When Mickey Met Spidey
- Monday, September 21, 2009
Clashing corporate cultures: We're talking two unique pop culture universes of course. The Magic Kingdom, the House of Mouse vs. what was long ago called the House of Ideas, Marvel's self-praising name for its history of innovation in comic book storytelling. Disney buying the major US comic book company isn't the same as Time Warner's long ownership of DC Comics. Time Warner doesn't evoke a pantheon of beloved characters in family-friendly entertainment, unless you consider film's Golden Age of Bogart and Bacall to compete with Superman and Wonder Woman. In fact, many have wondered why Warners hasn't exploited DC's big roster of comic book characters (Batman is the only recent success story) nearly as well as Marvel, who have licensed their characters to numerous studios as well as producing their own successful films Iron Man and The Incredible Hulk. The link above leads to descriptions of Disney's willingness to foster development of film adaptations both in-house and in other studios.The other issue of clashing corporate cultures involves speculation about the overlapping of Disney and Marvel stories and characters. Will the Hulk appear in Disney Adventures magazine? Is that even under consideration? Or will Disney's wholesome family image lead it to tame some of Marvel's more violent (The Punisher) and sexy (Spiderwoman and many others) characters? If you've ever watched some programming of the inaptly named ABC Family Channel, for years a Disney holding, you know that the company long ago allowed for niche marketing that looks nothing like the safe havens of Disney's world. So, the reasoning goes, Disney didn't buy Marvel to conform it to their own image, but because it represented a great opportunity to increase their revenue through diversified product exploitation, a point recognized by journalist and comics reviewer Don MacPherson.
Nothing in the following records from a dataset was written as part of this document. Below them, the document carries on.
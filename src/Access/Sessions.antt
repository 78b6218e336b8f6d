-- ===== src/Access/Sessions.antt =====
-- backend/src/utils/session-access.ts.
use wall_e_campus_assistant.Prelude.{
  ℕ, Bool, true, false, ◌||◌, not, ◌≡◌, ◌↔◌, ◌⊎◌, ◌==◌, if◌then◌else◌, arith,
}
use wall_e_campus_assistant.Access.Roles.{
  UserRole, is_system_owner, is_university_admin, is_instructor, system_owner, university_admin,
  instructor,
}

pub record SessionAuthActor : Type 0 where
  pub id : ℕ
  pub role : UserRole
  pub organization_id : ℕ

pub record SessionAuthSubject : Type 0 where
  pub organization_id : ℕ
  pub created_by_id : ℕ

unfoldable pub is_session_operator : SessionAuthActor → Bool
is_session_operator actor =
    is_instructor actor.role || is_university_admin actor.role || is_system_owner actor.role

unfoldable pub sees_only_own_sessions : SessionAuthActor → Bool
sees_only_own_sessions actor = is_instructor actor.role

unfoldable pub can_see_session : SessionAuthSubject → SessionAuthActor → Bool
unfolding is_session_operator sees_only_own_sessions
can_see_session session actor =
    if not (is_session_operator actor)
    then false
    else if not (session.organization_id == actor.organization_id)
    then false
    else if sees_only_own_sessions actor
    then session.created_by_id == actor.id
    else is_university_admin actor.role || is_system_owner actor.role

-- A session is visible exactly to the administrators of its university, to the system owner acting
-- in it, and to the instructor who opened it, while they belong to that university.
pub can_see_session_iff :
    (session : SessionAuthSubject) (actor : SessionAuthActor)
    → (can_see_session session actor ≡ true) ↔ (
        (session.organization_id ≡ actor.organization_id)
        × ((actor.role ≡ university_admin)
            ⊎ (actor.role ≡ system_owner)
            ⊎ ((actor.role ≡ instructor) × (session.created_by_id ≡ actor.id))))
unfolding can_see_session
can_see_session_iff session actor = ground arith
More Disney Comics? This is a logical question for those comics readers of legacy characters Mickey Mouse, Donald Duck and especially Carl Barks' Uncle Scrooge. Barks' created the miserly multi-billionaire in the comics long before he appeared in cartoons and along with Donald Duck, has become something of a cult figure internationally, where Disney comics far outsell what superhero titles make in the US. For the last decade, the license to publish Disney characters have been bounced from one publisher to another. Currently, Boom! Studios, a new publisher, has the rights to several Disney characters and have published several titles with Pixar characters including The Incredibles, Toy Story, Cars, and another Disney acquisition, The Muppets. It would seem logical to let the rights revert back to Disney when the current agreement expires and let Marvel oversee their publication. I have never understood why Disney hasn't promoted their Duck stories more in this country since they've proven so strong overseas so I hope we see them treated better at last.